> you could do this in JSON or some other data structure I'm not sure you could....

uryga · on Oct 29, 2019

you could always do an S-expression-esque DSL in JSON ;)

  ['book', {'id': '...'},
    ['title', {}, ...],
    ['chapter', {'id': 0},
      ['title', {}, 'Chapter 1'],
      ...
    ],
    ['chapter', {'id': 1},
      ...
    ],
  ]

more realistically, you could just represent it with the AST of that XML, i.e

  {
    'type': 'book',
    'attrs': {'id': ...},
    'children': [
      {
        'type': 'title',
        'children': ['Simple book']
      },
      {
        'type': 'chapter',
        ...
      },
      {
        'type': 'chapter',
        ...
      },
      ...
    ]
  }

so you could do that emphasis bit as

  [
    'this text nees more', 
    {'type': 'emphasis', 
     'children': ['emotion']},
    '!'
  ]

hellish to write by hand but probably okay for a program to consume (modulo all the XML libs/tooling you can't use). and you could probably even write some kind of schema for it.

if i actually had to represent that data, i'd also move some child nodes into attributes, e.g. make all nodes with 'type': 'book' also have a 'title' attribute, like you would if you had an AST datatype

unilynx · on Oct 29, 2019

See https://developers.google.com/docs/api/samples/output-json for what Google Docs does - basically separating markup from the text by using indices.

which is probably the only way to properly deal with markup and especially commented sections that can span over paragraph start/ends - neither JSON or XML seems to have a proper answer for such annotations and I wonder if there's any standard format that can that, especially if humans still want to reasonable be able to view or edit iit...

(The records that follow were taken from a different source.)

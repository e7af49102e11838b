-- ===== src/TransactionQueue/Laws.antt =====
-- When a call of the queue returns.
use quick_mpc.Prelude.{ℕ, ◌<◌, ◌≡◌, refl, none, some, List, [], ◌∷◌, ◌++◌, arith, length}
use quick_mpc.TransactionQueue.{pop, push}

pub pop-cons :
    {T : Type 0} (q : List T) (t : T) (rest : List T) → pop q ≡ some (t, rest) → q ≡ t ∷ rest
unfolding pop
pop-cons [] t rest e = absurd (ground (arith, e))
pop-cons (x ∷ q) t rest e = ground (arith, e)

pub push-fits :
    {T : Type 0} (max_size : ℕ) (t : T) (q : List T)
    → length q < max_size
    → push max_size t q ≡ some (q ++ t ∷ [])
unfolding push
push-fits max_size t q h = ground arith

pub pop-none : {T : Type 0} (q : List T) → pop q ≡ none → q ≡ []
unfolding pop
pop-none [] e = refl
pop-none (x ∷ q) e = absurd (ground (arith, e))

(OOXML and its binary equivalents more or less solve this by completely separating paragraph and character formatting, both separately indexing the spans of text they annotate)

dfox · on Oct 30, 2019

That is what essentially every WYSIWYG text processor does. And also the reason why getting sane HTML out of text processor is somewhat non-trivial, as the separately indexed spans can very well overlap, contradict each other or contain completely unnecessary formatting information.

bradstewart · on Oct 29, 2019

Potential option:

  {
    "id": "simple_book",
    "title": "Very simple book",
    "chapters": [
      {
        "id": "chapter_1",
        "content": [
          { "type": "title", "value": "Chapter 1" },
          {
            "type": "para",
            "content": [
              { "type": "text", "value": "Hello World!" }
            ]
          },
          { "type": "img", "src": "hello.jpg" },
          {
            "type": "para",
            "content": [
              { "type": "text", "value": "I hope that your day is proceeding " },
              { "type": "emphasis", "value": "splendidly" },
              { "type": "text", "value": "!" }
            ]
          }
        ]
      }
    ]
  }

Finnucane · on Oct 29, 2019

But as pointed out in the article, JSON isn't necessarily going to guarantee the correct order of your nested bits. Your code is going to have to worry about that. And it will quickly become unmanageably complex. When you are for instance creating a marked up transcript of some archival material, there's a lot of human editing involved. Have a look at the TEI documentation to see how messy it can get.

bradstewart · on Oct 29, 2019

Certainly. I wasn't suggesting that JSON representation I put up there was actually a good idea, just that it's theoretically possible to represent that document as JSON.